### Requirement
Every entry should be repeated exactly as written.

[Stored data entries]

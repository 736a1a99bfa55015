-- ===== src/Handlers/ConsistencyLaws.antt =====
-- What the handlers of the consistency states guarantee (mgmtd/src/bee_msg/change_target_consistency_states.rs,
-- set_target_consistency_states.rs).
use beegfs_rust.Prelude.{
  ℕ, zero, suc, ◌≡◌, refl, ◌⊎◌, inl, inr, Option, none, some, List, [], ◌∷◌, map, arith,
}
use beegfs_rust.Result.{ok, Result-cases}
use beegfs_rust.Types.{NodeTypeServer, TargetConsistencyState}
use beegfs_rust.Message.TargetStates.{
  ChangeTargetConsistencyStates, ChangeTargetConsistencyStatesResp,
}
use beegfs_rust.Db.Tables.{Target, Node}
use beegfs_rust.Db.Target.{update_last_contact_times, update_last_update}
use beegfs_rust.Db.Target.Consistency.{update_consistency_states-zero}
use beegfs_rust.Handlers.{Tables, App, end_tx, write_tx, tx-cases, try_from}
use beegfs_rust.Handlers.ConsistencyStates.{
  again, zip, change_states, change_tx, change_done, handle_change,
}

abbrev pub consistencies : List Target → List TargetConsistencyState
consistencies = map (λ t. t.consistency)

contact-consistencies :
    (now : ℕ) (ids : List ℕ) (ty : NodeTypeServer) (timeout : ℕ) (nodes : List Node)
    (ts : List Target)
    → consistencies (update_last_contact_times now ids ty timeout nodes ts).1.1 ≡ consistencies ts
unfolding update_last_contact_times update_last_update
contact-consistencies now ids ty timeout nodes [] = refl
contact-consistencies now ids ty timeout nodes (t ∷ ts) =
    ground (arith, contact-consistencies now ids ty timeout nodes ts)

-- What a transaction that goes through has done.
change_tx_kept :
    (app : App) (msg : ChangeTargetConsistencyStates) {c : Option ℕ} {r : ℕ} {db : Tables}
    → change_tx app msg app.db ≡ (ok (c, r), db)
    → (c ≡ none) ⊎ (c ≡ some 0)
    → consistencies db.targets ≡ consistencies app.db.targets
unfolding change_tx change_states
change_tx_kept app msg {c = c} {r = r} {db = db} e kept =
    elim (Result-cases (try_from msg.node_type)) [
      | inl p ↦ absurd (ground (arith, p))
      | inr (inl (x, p)) ↦ absurd (ground (arith, p))
      | inr (inr (ty, p)) ↦
          let t =
            (update_last_contact_times app.now msg.target_ids ty app.node_offline_timeout
              app.db.nodes app.db.targets).1.1 in
          let changes = zip msg.target_ids msg.new_states in
          ground (
            arith,
            p,
            kept,
            contact-consistencies app.now msg.target_ids ty app.node_offline_timeout app.db.nodes
                app.db.targets,
            update_consistency_states-zero ty changes t,
          )
    ]

-- Every change of a consistency state is announced: after a response `AGAIN`, or if no notification
-- was sent, all consistency states are as before.
pub handle_change_silent :
    (msg : ChangeTargetConsistencyStates) (app : App) {resp : ChangeTargetConsistencyStatesResp}
    {app' : App}
    → handle_change msg app ≡ (ok resp, app')
    → (resp.result ≡ again) ⊎ (app'.notifications ≡ app.notifications)
    → consistencies app'.db.targets ≡ consistencies app.db.targets
unfolding handle_change write_tx end_tx change_done
handle_change_silent msg app e quiet = elim (tx-cases (change_tx app msg app.db)) [
  | inl (db, p) ↦ absurd (ground (arith, p))
  | inr (inl (r, (db, p))) ↦ absurd (ground (arith, p))
  | inr (inr ((none, r), (db, p))) ↦ ground (arith, p, change_tx_kept app msg p (inl refl))
  | inr (inr ((some zero, r), (db, p))) ↦ ground (arith, p, change_tx_kept app msg p (inr refl))
  | inr (inr ((some (suc n), r), (db, p))) ↦ absurd (ground (arith, p, quiet))
]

### Output for this exercise
repository 736a1a99bfa55015
-- ===== src/Handlers/ConsistencyLaws.antt =====
-- What the handlers of the consistency states guarantee (mgmtd/src/bee_msg/change_target_consistency_states.rs,
-- set_target_consistency_states.rs).
use beegfs_rust.Prelude.{
  ℕ, zero, suc, ◌≡◌, refl, ◌⊎◌, inl, inr, Option, none, some, List, [], ◌∷◌, map, arith,
}
use beegfs_rust.Result.{ok, Result-cases}
use beegfs_rust.Types.{NodeTypeServer, TargetConsistencyState}
use beegfs_rust.Message.TargetStates.{
  ChangeTargetConsistencyStates, ChangeTargetConsistencyStatesResp,
}
use beegfs_rust.Db.Tables.{Target, Node}
use beegfs_rust.Db.Target.{update_last_contact_times, update_last_update}
use beegfs_rust.Db.Target.Consistency.{update_consistency_states-zero}
use beegfs_rust.Handlers.{Tables, App, end_tx, write_tx, tx-cases, try_from}
use beegfs_rust.Handlers.ConsistencyStates.{
  again, zip, change_states, change_tx, change_done, handle_change,
}

abbrev pub consistencies : List Target → List TargetConsistencyState
consistencies = map (λ t. t.consistency)

contact-consistencies :
    (now : ℕ) (ids : List ℕ) (ty : NodeTypeServer) (timeout : ℕ) (nodes : List Node)
    (ts : List Target)
    → consistencies (update_last_contact_times now ids ty timeout nodes ts).1.1 ≡ consistencies ts
unfolding update_last_contact_times update_last_update
contact-consistencies now ids ty timeout nodes [] = refl
contact-consistencies now ids ty timeout nodes (t ∷ ts) =
    ground (arith, contact-consistencies now ids ty timeout nodes ts)

-- What a transaction that goes through has done.
change_tx_kept :
    (app : App) (msg : ChangeTargetConsistencyStates) {c : Option ℕ} {r : ℕ} {db : Tables}
    → change_tx app msg app.db ≡ (ok (c, r), db)
    → (c ≡ none) ⊎ (c ≡ some 0)
    → consistencies db.targets ≡ consistencies app.db.targets
unfolding change_tx change_states
change_tx_kept app msg {c = c} {r = r} {db = db} e kept =
    elim (Result-cases (try_from msg.node_type)) [
      | inl p ↦ absurd (ground (arith, p))
      | inr (inl (x, p)) ↦ absurd (ground (arith, p))
      | inr (inr (ty, p)) ↦
          let t =
            (update_last_contact_times app.now msg.target_ids ty app.node_offline_timeout
              app.db.nodes app.db.targets).1.1 in
          let changes = zip msg.target_ids msg.new_states in
          ground (
            arith,
            p,
            kept,
            contact-consistencies app.now msg.target_ids ty app.node_offline_timeout app.db.nodes
                app.db.targets,
            update_consistency_states-zero ty changes t,
          )
    ]

-- Every change of a consistency state is announced: after a response `AGAIN`, or if no notification
-- was sent, all consistency states are as before.
pub handle_change_silent :
    (msg : ChangeTargetConsistencyStates) (app : App) {resp : ChangeTargetConsistencyStatesResp}
    {app' : App}
    → handle_change msg app ≡ (ok resp, app')
    → (resp.result ≡ again) ⊎ (app'.notifications ≡ app.notifications)
    → consistencies app'.db.targets ≡ consistencies app.db.targets
unfolding handle_change write_tx end_tx change_done
handle_change_silent msg app e quiet = elim (tx-cases (change_tx app msg app.db)) [
  | inl (db, p) ↦ absurd (ground (arith, p))
  | inr (inl (r, (db, p))) ↦ absurd (ground (arith, p))
  | inr (inr ((none, r), (db, p))) ↦ ground (arith, p, change_tx_kept app msg p (inl refl))
  | inr (inr ((some zero, r), (db, p))) ↦ ground (arith, p, change_tx_kept app msg p (inr refl))
  | inr (inr ((some (suc n), r), (db, p))) ↦ absurd (ground (arith, p, quiet))
]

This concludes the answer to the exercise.